Dalles Mountain Ranch at Columbia Hills State Park (photographer: Warren Morgan)
Trail Description Driving DirectionsRoad hikes often lack appeal for hikers, but the spectacular flowers and mountain views on this one make up for the rather ordinary walk!
From the trailhead (2,050’) where a gate blocks the road, hike up the road for 2 miles to the 3,200’ summit of Stacker Butte. At 1.1 miles (2,600’) a jeep track on the right offers a 1 mile side trip to Oak Spring, one of many springs in the Columbia Hills. Continue up to the summit where you will find microwave towers and an oddly- shaped radar dome that provides a signal to aircraft arriving and departing from Portland International Airport.

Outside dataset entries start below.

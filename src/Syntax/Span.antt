-- ===== src/Syntax/Span.antt =====
-- crates/hale-syntax/src/span.rs: byte ranges and what carries one.
use tired.Prelude.{ℕ, ◌-◌, max, min, Bool, String, ◌==◌}

pub record Span : Type 0 where
  pub start : ℕ
  pub end : ℕ

unfoldable pub merge : Span → Span → Span
merge a b = record { start = min a.start b.start; end = max a.end b.end }

unfoldable pub len : Span → ℕ
len s = s.end - s.start

unfoldable pub is_empty : Span → Bool
is_empty s = s.start == s.end

-- `Spanned<T>`
pub record Spanned {ℓ} (A : Type ℓ) : Type ℓ where
  pub node : A
  pub span : Span

abbrev pub Name : Type 0
Name = Spanned String
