-- ===== src/Syntax/Ast.antt =====
-- crates/hale-syntax/src/ast.rs: the surface syntax. Expressions and statements hold one another,
-- so each list, option or record inside that knot is a data type of its own. An `f64` is
-- its 64-bit pattern.
use tired.Prelude.{ℕ, Bool, String, Option}
use tired.Syntax.Span.{Span, Name}

-- An `i64`; `negsuc n` is -(n + 1).
pub data ℤ : Type 0 where
  pos : ℕ → ℤ
  negsuc : ℕ → ℤ

mutual
  pub data TypeExpr : Type 0 where
    named : String → TypeExpr
    optional : TypeExpr → TypeExpr
    array_of : TypeExpr → TypeExpr
    generic : String → TypeExprs → TypeExpr
    union : TypeExprs → TypeExpr

  pub data TypeExprs : Type 0 where
    no_types : TypeExprs
    type_and : TypeExpr → TypeExprs → TypeExprs

mutual
  pub data Pattern : Type 0 where
    wildcard : Span → Pattern
    binding : Name → Pattern
    ctor : Name → Patterns → Span → Pattern

  pub data Patterns : Type 0 where
    no_patterns : Patterns
    pattern_and : Pattern → Patterns → Patterns

pub data UnOp : Type 0 where
  not_op neg : UnOp

pub data BinOp : Type 0 where
  add sub mul eq_op ne_op lt_op le_op gt_op ge_op and_op or_op : BinOp

-- `Binding`: the name behind `->`, with its annotation.
pub record Bind : Type 0 where
  pub name : Name
  pub ty : Option TypeExpr

mutual
  pub data Expr : Type 0 where
    int : ℤ → Span → Expr
    float : ℕ → Span → Expr
    bool : Bool → Span → Expr
    null : Span → Expr
    duration : ℕ → Span → Expr
    str : StrParts → Span → Expr
    ident env_var implicit_field : Name → Expr
    field : Expr → Name → Span → Expr
    call : Expr → Exprs → Span → Expr
    unary : UnOp → Expr → Span → Expr
    binary : BinOp → Expr → Expr → Span → Expr
    record_of : Option Name → Fields → Span → Expr
    array : Exprs → Span → Expr
    spread : Expr → Span → Expr
    lambda : Name → Expr → Span → Expr
    match_on : MatchExpr → Expr
    range : Expr → Expr → Span → Expr

  pub data StrParts : Type 0 where
    no_parts : StrParts
    lit : String → StrParts → StrParts
    interp : Expr → StrParts → StrParts

  pub data Exprs : Type 0 where
    no_exprs : Exprs
    expr_and : Expr → Exprs → Exprs

  pub data Fields : Type 0 where
    no_fields : Fields
    field_and : Name → Expr → Fields → Fields

  pub data OptExpr : Type 0 where
    absent : OptExpr
    present : Expr → OptExpr

  pub data MatchExpr : Type 0 where
    match_expr : Expr → MatchArms → Span → MatchExpr

  pub data MatchArms : Type 0 where
    no_arms : MatchArms
    arm_and : Pattern → ArmBody → Span → MatchArms → MatchArms

  pub data ArmBody : Type 0 where
    value_arm : Expr → ArmBody
    block_arm : Block → ArmBody
    retry_arm : Effects → Span → ArmBody

  pub data Effects : Type 0 where
    no_effects : Effects
    call_effect wait_effect : Expr → Effects → Effects

  pub data Block : Type 0 where
    block : Stmts → Span → Block

  pub data Stmts : Type 0 where
    no_stmts : Stmts
    stmt_and : Stmt → Stmts → Stmts

  pub data Stmt : Type 0 where
    fetch_stmt : FetchStmt → Stmt
    let_stmt : Name → Expr → Span → Stmt
    log_stmt : Expr → Span → Stmt
    parallel : Block → Span → Stmt
    for_each : Name → Expr → Block → Span → Stmt
    return_stmt : OptExpr → Span → Stmt
    assert_stmt : Expr → Span → Stmt
    using_mock : Name → Span → Stmt
    expr_stmt : Expr → Option Bind → Span → Stmt

  -- The fields in the source's order: method, endpoint, path, params, body, idempotency key,
  -- pipeline, bind, span.
  pub data FetchStmt : Type 0 where
    fetch :
        String
        → Name
        → PathPattern
        → Fields
        → OptExpr
        → OptExpr
        → PipelineOps
        → Option Bind
        → Span
        → FetchStmt

  -- `PathPattern`
  pub data PathPattern : Type 0 where
    path : PathSegs → Span → PathPattern

  pub data PathSegs : Type 0 where
    no_segs : PathSegs
    literal_and : String → PathSegs → PathSegs
    param_and : Expr → PathSegs → PathSegs

  pub data PipelineOps : Type 0 where
    no_ops : PipelineOps
    op_and : PipelineOp → PipelineOps → PipelineOps

  pub data PipelineOp : Type 0 where
    filter map_op : Expr → Span → PipelineOp
    sort_op : Expr → Bool → Span → PipelineOp
    limit skip : Expr → Span → PipelineOp
    reverse_op : Span → PipelineOp
    unique : OptExpr → Span → PipelineOp
    flatten_op count_op : Span → PipelineOp
    sum_op : OptExpr → Span → PipelineOp
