-- ===== src/Syntax/Diag.antt =====
-- crates/hale-syntax/src/diag.rs: the diagnostics that the compiler's stages collect.
pub mod Quiet
use tired.Prelude.{
  ℕ, Bool, true, false, String, Option, none, some, List, [], ◌∷◌, ◌++◌, any, keep, length,
}
use tired.Syntax.Span.{Span}

pub data Severity : Type 0 where
  error_level warning_level : Severity

unfoldable pub label : Severity → String
label error_level = "error"
label warning_level = "warning"

-- `d.severity == Severity::Error`
abbrev pub is_error : Severity → Bool
is_error error_level = true
is_error warning_level = false

pub record Diagnostic : Type 0 where
  pub severity : Severity
  pub message : String
  pub span : Span
  pub labels : List (Span × String)
  pub help : Option String
  pub note : Option String

unfoldable pub error : Span → String → Diagnostic
error s m = record {
  severity = error_level;
  message = m;
  span = s;
  labels = [];
  help = none;
  note = none;
}

unfoldable pub warning : Span → String → Diagnostic
warning s m = record {
  severity = warning_level;
  message = m;
  span = s;
  labels = [];
  help = none;
  note = none;
}

unfoldable pub with_help : Diagnostic → String → Diagnostic
with_help d h = record d { help = some h }

unfoldable pub with_note : Diagnostic → String → Diagnostic
with_note d n = record d { note = some n }

unfoldable pub with_label : Diagnostic → Span → String → Diagnostic
with_label d s l = record d { labels = d.labels ++ (s, l) ∷ [] }

abbrev pub Diagnostics : Type 0
Diagnostics = List Diagnostic

unfoldable pub push : Diagnostics → Diagnostic → Diagnostics
push ds d = ds ++ d ∷ []

unfoldable pub extend : Diagnostics → Diagnostics → Diagnostics
extend ds other = ds ++ other

unfoldable pub has_errors : Diagnostics → Bool
has_errors ds = any (λ d. is_error d.severity) ds

unfoldable pub error_count : Diagnostics → ℕ
error_count ds = length (keep (λ d. is_error d.severity) ds)
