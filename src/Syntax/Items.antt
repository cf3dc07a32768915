-- ===== src/Syntax/Items.antt =====
-- crates/hale-syntax/src/ast.rs: the declarations of a program.
use tired.Prelude.{ℕ, Bool, String, Option, List, [], ◌∷◌}
use tired.Syntax.Span.{Span, Name}
use tired.Syntax.Ast.{
  Expr, TypeExpr, BinOp, Block, Stmt, Stmts, PathPattern, no_stmts, stmt_and, block,
}

-- The declared bounds of a `flow` or a `route`.
pub record Budget : Type 0 where
  pub requests : Option ℕ
  pub parallel : Option ℕ
  pub hops : Option ℕ
  pub p99_ms : Option ℕ
  pub span : Span

pub record Setting : Type 0 where
  pub key : Name
  pub values : List Expr
  pub span : Span

pub record EndpointDecl : Type 0 where
  pub name : Name
  pub settings : List Setting
  pub span : Span

pub data ConstraintSubject : Type 0 where
  value_subject length_subject : ConstraintSubject

pub data Constraint : Type 0 where
  cmp : ConstraintSubject → BinOp → Expr → Constraint
  in_range : ConstraintSubject → Expr → Expr → Constraint

pub record FieldDecl : Type 0 where
  pub name : Name
  pub ty : TypeExpr
  pub constraint : Option Constraint
  pub span : Span

pub record TypeDecl : Type 0 where
  pub is_contract : Bool
  pub name : Name
  pub fields : List FieldDecl
  pub span : Span

pub record Param : Type 0 where
  pub name : Name
  pub ty : TypeExpr

pub record FlowDecl : Type 0 where
  pub name : Name
  pub params : List Param
  pub ret : Option TypeExpr
  pub budget : Option Budget
  pub body : Block
  pub span : Span

pub record MockRoute : Type 0 where
  pub method : Name
  pub path : PathPattern
  pub response : Expr
  pub span : Span

pub record MockDecl : Type 0 where
  pub name : Name
  pub routes : List MockRoute
  pub span : Span

pub record TestDecl : Type 0 where
  pub description : String
  pub body : Block
  pub span : Span

pub record ServerRoute : Type 0 where
  pub method : Name
  pub path : PathPattern
  pub budget : Option Budget
  pub handler : Block
  pub span : Span

pub record ServerDecl : Type 0 where
  pub name : Name
  pub settings : List Setting
  pub routes : List ServerRoute
  pub span : Span

pub data Item : Type 0 where
  endpoint_item : EndpointDecl → Item
  type_item : TypeDecl → Item
  flow_item : FlowDecl → Item
  mock_item : MockDecl → Item
  test_item : TestDecl → Item
  server_item : ServerDecl → Item
  stmt_item : Stmt → Item

pub record Program : Type 0 where
  pub items : List Item

-- `block.stmts`, in the tree's own list.
unfoldable pub stmts_of : Block → Stmts
stmts_of (block ss _) = ss

unfoldable pub to_stmts : List Stmt → Stmts
to_stmts [] = no_stmts
to_stmts (s ∷ ss) = stmt_and s (to_stmts ss)
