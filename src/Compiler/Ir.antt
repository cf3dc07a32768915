-- ===== src/Compiler/Ir.antt =====
-- crates/hale-compiler/src/ir.rs. A node may hold a body, so a nested body is kept in the form
-- `Stored`; `load` and `store` convert it to the record of lists that the passes work on.
pub mod Deep
pub mod Depth
pub mod Everywhere
use tired.Prelude.{
  ℕ, Bool, true, false, String, Option, none, some, List, [], ◌∷◌, ◌≡◌, refl, ap, concat, length,
  show_nat, str_eq, if◌then◌else◌,
}
use tired.Syntax.Span.{Span}
use tired.Syntax.Ast.{
  Expr, TypeExpr, Pattern, PathPattern, PathSegs, PipelineOp, Effects, path, no_segs, literal_and,
  param_and,
}
use tired.Syntax.Items.{Budget}

pub data PathSeg : Type 0 where
  literal : String → PathSeg
  param : Expr → PathSeg

unfoldable pub seg_list : PathSegs → List PathSeg
seg_list no_segs = []
seg_list (literal_and l ss) = literal l ∷ seg_list ss
seg_list (param_and e ss) = param e ∷ seg_list ss

unfoldable pub of_segments : List PathSeg → PathSegs
of_segments [] = no_segs
of_segments (literal l ∷ ss) = literal_and l (of_segments ss)
of_segments (param e ∷ ss) = param_and e (of_segments ss)

-- `path.segments`
unfoldable pub segments : PathPattern → List PathSeg
unfolding seg_list
segments (path ss _) = seg_list ss

unfoldable pub path_span : PathPattern → Span
path_span (path _ s) = s

pub segments-of_segments : (ss : List PathSeg) (s : Span) → segments (path (of_segments ss) s) ≡ ss
unfolding segments of_segments
segments-of_segments [] s = refl
segments-of_segments (literal l ∷ ss) s = ap (λ r. literal l ∷ r) (segments-of_segments ss s)
segments-of_segments (param e ∷ ss) s = ap (λ r. param e ∷ r) (segments-of_segments ss s)

pub record MappedIds : Type 0 where
  pub coll : Expr
  pub var : String
  pub key : Expr

pub record BatchSpec : Type 0 where
  pub query_param : String
  pub key_field : String
  pub ids : List Expr
  pub mapped : Option MappedIds

pub record FetchIr : Type 0 where
  pub method : String
  pub endpoint : String
  pub endpoint_span : Span
  pub path : PathPattern
  pub params : List (String × Expr)
  pub body : Option Expr
  pub idempotency_key : Option Expr
  pub latency_ms : Option ℕ
  pub batch : Option BatchSpec
  pub pipeline : List PipelineOp
  pub as_result : Bool
  pub contract_ty : Option TypeExpr

pub record ScatterIr : Type 0 where
  pub batch : String
  pub key_field : String
  pub value : Expr

mutual
  pub data NodeKind : Type 0 where
    fetch : FetchIr → NodeKind
    let_node log : Expr → NodeKind
    return_node : Option Expr → NodeKind
    assert_node expr : Expr → NodeKind
    match_node : Expr → Arms → Span → NodeKind
    scatter : ScatterIr → NodeKind
    -- `ForEachIr`: var, iter, body, returns, span.
    for_each : String → Expr → Stored → Bool → Span → NodeKind

  -- `Vec<ArmIr>`
  pub data Arms : Type 0 where
    no_arms : Arms
    arm_and : Pattern → ArmBodyIr → Arms → Arms

  pub data ArmBodyIr : Type 0 where
    value : Expr → ArmBodyIr
    body : Stored → ArmBodyIr
    retry : Effects → ArmBodyIr

  -- A nested `Body`: nodes and waves.
  pub data Stored : Type 0 where
    stored : StoredNodes → List (List ℕ) → Stored

  -- A nested `Vec<Node>`: id, kind, binding, reads, deps, effect, live, span of the first node.
  pub data StoredNodes : Type 0 where
    no_nodes : StoredNodes
    node_and :
        ℕ
        → NodeKind
        → Option String
        → List String
        → List ℕ
        → Bool
        → Bool
        → Span
        → StoredNodes
        → StoredNodes

pub record Node : Type 0 where
  pub id : ℕ
  pub kind : NodeKind
  pub binding : Option String
  pub reads : List String
  pub deps : List ℕ
  pub effect : Bool
  pub live : Bool
  pub span : Span

pub record Body : Type 0 where
  pub nodes : List Node
  pub waves : List (List ℕ)

unfoldable pub load_nodes : StoredNodes → List Node
load_nodes no_nodes = []
load_nodes (node_and i k b r d e l s ns) =
    record { id = i; kind = k; binding = b; reads = r; deps = d; effect = e; live = l; span = s }
    ∷ load_nodes ns

unfoldable pub store_nodes : List Node → StoredNodes
store_nodes [] = no_nodes
store_nodes (n ∷ ns) =
    node_and n.id n.kind n.binding n.reads n.deps n.effect n.live n.span (store_nodes ns)

unfoldable pub load : Stored → Body
unfolding load_nodes
load (stored ns ws) = record { nodes = load_nodes ns; waves = ws }

unfoldable pub store : Body → Stored
unfolding store_nodes
store b = stored (store_nodes b.nodes) b.waves

pub load-store : (b : Body) → load (store b) ≡ b
unfolding load store
load-store b = ap (λ ns. record b { nodes = ns }) (load-store_nodes b.nodes)
  where
    load-store_nodes : (ns : List Node) → load_nodes (store_nodes ns) ≡ ns
    load-store_nodes [] = refl
    load-store_nodes (n ∷ ns) = ap (λ r. n ∷ r) (load-store_nodes ns)

pub record Flow : Type 0 where
  pub name : String
  pub params : List String
  pub budget : Option Budget
  pub body : Body

pub record Test : Type 0 where
  pub description : String
  pub mocks : List String
  pub body : Body

pub record Route : Type 0 where
  pub method : String
  pub path : PathPattern
  pub param_names : List String
  pub budget : Option Budget
  pub body : Body

pub record Server : Type 0 where
  pub name : String
  pub base : String
  pub port : Option ℕ
  pub routes : List Route

unfoldable pub is_fetch : NodeKind → Bool
is_fetch (fetch _) = true
is_fetch _ = false

seg_texts : List PathSeg → List String
seg_texts [] = []
seg_texts (literal l ∷ ss) = "/" ∷ l ∷ seg_texts ss
seg_texts (param _ ∷ ss) = "/" ∷ "{..}" ∷ seg_texts ss

unfoldable pub render_path : PathPattern → String
unfolding seg_texts segments concat
render_path p = let s = concat (seg_texts (segments p)) in if str_eq s "" then "/" else s

idempotent_tag : Option Expr → String
idempotent_tag none = ""
idempotent_tag (some _) = "  [idempotent]"

-- An unbatched fetch: the last case of the `match` in `label`.
plain_label : FetchIr → String → String
plain_label f idem =
    let m = if str_eq f.method "GET" then "" else concat (f.method ∷ " " ∷ []) in
    concat ("fetch " ∷ m ∷ f.endpoint ∷ " " ∷ render_path f.path ∷ idem ∷ [])

batch_label : FetchIr → Option BatchSpec → String → String
unfolding plain_label
batch_label f none idem = plain_label f idem
batch_label f (some b) idem = elim b.ids [
  | _ ∷ _ ↦ concat (
      "fetch "
      ∷ f.endpoint
      ∷ " "
      ∷ render_path f.path
      ∷ "?"
      ∷ b.query_param
      ∷ "=… [batched ×"
      ∷ show_nat (length b.ids)
      ∷ "]"
      ∷ idem
      ∷ [])
  | [] ↦ elim b.mapped [
    | some _ ↦ concat (
        "fetch "
        ∷ f.endpoint
        ∷ " "
        ∷ render_path f.path
        ∷ "?"
        ∷ b.query_param
        ∷ "=… [batched ×N, fused from loop]"
        ∷ idem
        ∷ [])
    | none ↦ plain_label f idem
  ]
]

unfoldable pub label : NodeKind → String
unfolding batch_label idempotent_tag
label (fetch f) = batch_label f f.batch (idempotent_tag f.idempotency_key)
label (let_node _) = "let"
label (log _) = "log"
label (return_node _) = "return"
label (assert_node _) = "assert"
label (expr _) = "expr"
label (match_node _ _ _) = "match"
label (scatter s) = concat ("scatter " ∷ s.batch ∷ "." ∷ s.key_field ∷ " (from batch)" ∷ [])
label (for_each v _ _ _ _) = concat ("for " ∷ v ∷ " in … (per-element loop)" ∷ [])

In April or May the area offers one of the best displays of flowers in the Northwest with balsamroot, lupine, paintbrush, phlox, larkspur, hawkweed and many others. However, this is also a good year-round hike for the views.
From the summit you will encounter breathtaking views of Mount Adams and Mount Hood, and look down into Swale Canyon and the Klickitat River Valley.
Use caution during warmer months as the area has many ticks and even rattlesnakes. Return to the trailhead back down the same road.
Be advised that pets are not allowed in this preserve, and hikers must not wander off the road! This is to protect one of Washington’s last stands of native grasses and three rare plants – the obscure buttercup, Douglas’ draba and hot-rock penstemon.
Early settlers often had a rough time surviving in this beautiful but harsh eastern Gorge environment. Thin soil, high winds and scant rainfall challenged even the most determined pioneers. William T. Murphy of Polk County, Oregon was the first non-Native settler in what was to become Dalles Mountain Ranch. In 1866, he claimed 220 acres of land near the Columbia River about midway between the east and west boundaries of today’s park.
Most of the original homesteads were too small to support crop growing. Thus, farming was replaced for the most part by ranching, which tended to consolidate the original homesteads.
One of the most intriguing features of the Ranch is the stands of deciduous trees found at the sites of some of the original homesteads. These were planted in response to the Timber Culture Act of 1873 which granted homesteaders an additional 160 acres of land if at least 40 acres (later lowered to 10 acres) were planted with trees. It was thought at the time that the planting of forests would bring rain to the dry plains. Two such stands can be found at the Brune and Lucas homesteads.
Eventually the early homesteads were consolidated and the John Crawford family emerged as the principal landowners. Sadly, John’s widow and son Malcolm lost the ranch during the Great Depression. In 1935 it passed to John Reuter, a wealthy doctor. Reuter operated the ranch and added to it, eventually leaving 6,000 acres to his son and daughter upon his death in 1954. The Reuter heirs also fell on hard times which led to the sale of the property to Yakima Valley ranchers Pat and Darlene Bleakney in 1975. The Bleakneys ran the ranch for 18 years until they were preparing to retire. They recognized the natural beauty and historic value of the property and approached the state of Washington in hopes of moving their beloved property into the public domain.
The upper ranch land was sold to the Department of Natural Resources in 1993. About 2,900 acres, including Stacker Butte, ultimately became the Columbia Hills Natural Area Preserve and was set aside to protect rare plant communities. The balance of the ranch, about 3,100 acres, including most of the structures and ranch house, was deeded to Washington State Parks for operation as a park.